DIRECTIONS => Among the entries below, how many lines hold "negsuc"? Reply with the number only.

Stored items
++++

-- ===== src/Proc/CommonJob/Loop/CrashLoop.antt =====
-- A job that fails quickly in every round: how often it is tried, how long it waits, how it ends.
use mittnite.Prelude.{
  ℕ, suc, ◌+◌, ◌*◌, ◌≤◌, ◌<◌, ◌^◌, ◌≡◌, refl, ◌∙◌, subst, ◌⊎◌, true, false, Option, none, some,
  List, [], ◌∷◌, arith, pos, negsuc, if◌then◌else◌, length, All, inl, inr,
}
use Prim.Native.Nat.{min}
use mittnite.Config.{JobConfig, get_max_attempts}
use mittnite.Proc.Phase.{failed}
use mittnite.Proc.BackOff.{second}
use mittnite.Proc.BackOff.Laws.{nth_back_off, nth_back_off_lem}
use mittnite.Proc.BaseJob.StartOnce.{RunError}
use mittnite.Proc.CommonJob.{CommonJob}
use mittnite.Proc.CommonJob.Loop.QuickFailure.{
  QuickFailure, Looping, attempts_left, final_error, Outcome, run_round-Outcome,
  Looping-not_stopping,
}
use mittnite.Proc.CommonJob.Loop.{
  Round, LoopState, JobError, max_retries, running, returned, run_round, is_stopping, run_loop,
  initial, run,
}

-- `maxAttempts` allows more than `k` attempts: it is -1, or a larger number.
abbrev pub Allows : JobConfig → ℕ → Type 0
Allows c k = (get_max_attempts c ≡ negsuc 0) ⊎ ((n : ℕ) × (get_max_attempts c ≡ pos n) × (k < n))

attempts_left_of_Allows : (c : JobConfig) (i k : ℕ) → i ≤ k → Allows c k → attempts_left c i ≡ true
attempts_left_of_Allows c i k le (inl unlimited) = rw unlimited
attempts_left_of_Allows c i k le (inr (n, limit, lt)) = rw limit (ground arith)

run_loop-running :
    (s t : LoopState) (r : Round) (rs : List Round)
    → is_stopping s ≡ false
    → run_round s r ≡ running t
    → run_loop (r ∷ rs) s ≡ run_loop rs t
unfolding run_loop
run_loop-running s t r rs going eq = ground arith

run_loop-returned :
    (s t : LoopState) (e : Option JobError) (r : Round) (rs : List Round)
    → is_stopping s ≡ false
    → run_round s r ≡ returned t e
    → run_loop (r ∷ rs) s ≡ returned t e
unfolding run_loop
run_loop-returned s t e r rs going eq = ground arith

run_loop_continues :
    (c : JobConfig) (k n : ℕ) (s : LoopState) (rs : List Round)
    → Looping c k s
    → All QuickFailure rs
    → k + length rs ≡ n
    → Allows c n
    → (t : LoopState) × (run_loop rs s ≡ running t) × Looping c n t
unfolding run_loop
run_loop_continues c k n s [] l q e more =
    let e' : k ≡ n = omega arith in
    (s, rw (Looping-not_stopping c k s l), subst (λ m. Looping c m s) e' l)
run_loop_continues c k n s (r ∷ rs) l q e more =
    let (t, eq, l', _) =
      subst (λ b. Outcome c (suc k) b (run_round s r))
        (attempts_left_of_Allows c (suc k) n (omega arith) more)
        (run_round-Outcome c k s r l q.0) in
    let (u, eq', l'') = run_loop_continues c (suc k) n t rs l' q.1 (omega arith) more in
    (u, run_loop-running s t r rs (Looping-not_stopping c k s l) eq ∙ eq', l'')

run_loop_gives_up :
    (c : JobConfig) (k n : ℕ) (s : LoopState) (rs : List Round)
    → Looping c k s
    → All QuickFailure rs
    → k + length rs ≡ n
    → k < n
    → get_max_attempts c ≡ pos n
    → (t : LoopState) × (e : Option RunError) × (run_loop rs s ≡ returned t (final_error c e))
      × (t.job.phase.reason ≡ failed)
unfolding run_loop
run_loop_gives_up c k n s [] l q e lt limit = absurd (omega arith)
run_loop_gives_up c k n s (r ∷ []) l q e lt limit =
    let over : attempts_left c (suc k) ≡ false = rw limit (ground arith) in
    let (t, x, eq, phase) =
      subst (λ b. Outcome c (suc k) b (run_round s r)) over (run_round-Outcome c k s r l q.0) in
    (t, x, run_loop-returned s t (final_error c x) r [] (Looping-not_stopping c k s l) eq, phase)
run_loop_gives_up c k n s (r ∷ r' ∷ rs) l q e lt limit =
    let more : attempts_left c (suc k) ≡ true = rw limit (ground arith) in
    let (t, eq, l', _) =
      subst (λ b. Outcome c (suc k) b (run_round s r)) more (run_round-Outcome c k s r l q.0) in
    let (u, x, eq', phase) =
      run_loop_gives_up c (suc k) n t (r' ∷ rs) l' q.1 (omega arith) (omega arith) limit in
    (u, x, run_loop-running s t r (r' ∷ rs) (Looping-not_stopping c k s l) eq ∙ eq', phase)

module _ (job : CommonJob) (no_restart : job.restart ≡ false) (no_stop : job.stop ≡ false)
    (rs : List Round) (failing : All QuickFailure rs) where
  initial-Looping : Looping job.config 0 (initial job false)
  initial-Looping = record {
    config = refl;
    restart = no_restart;
    stop = no_stop;
    cancelled = refl;
    attempts = refl;
    back_off = unfold nth_back_off in refl;
  }

  pub crash_loop_continues :
      Allows job.config (length rs)
      → (t : LoopState) × (run job false rs ≡ running t)
        × (t.attempts ≡ length rs)
        × (t.back_off ≡ min (2 ^ length rs) 300 * second)
  unfolding run
  crash_loop_continues more =
      let (t, eq, l) =
        run_loop_continues job.config 0 (length rs) (initial job false) rs initial-Looping failing
          (omega arith) more in
      (t, simp no_stop eq, l.attempts, l.back_off ∙ nth_back_off_lem (length rs))

  -- A job with a limit of attempts that is the number of rounds, in each of which it fails quickly
  -- with nobody asking for anything, is failed after them, and `Run` returns: with the error of
  -- reached retries, or with none if the job may fail.
  pub crash_loop_gives_up :
      0 < length rs
      → get_max_attempts job.config ≡ pos (length rs)
      → (t : LoopState) × (e : Option RunError) × (run job false rs
          ≡ returned t (if job.config.can_fail then none else some (max_retries job.config.name e)))
        × (t.job.phase.reason ≡ failed)
  unfolding run
  crash_loop_gives_up some_rounds limit =
      let (t, e, eq, phase) =
        run_loop_gives_up job.config 0 (length rs) (initial job false) rs initial-Looping failing
          (omega arith) some_rounds limit in
      (t, e, simp no_stop eq, phase)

++++

WRITTEN ANSWER => 2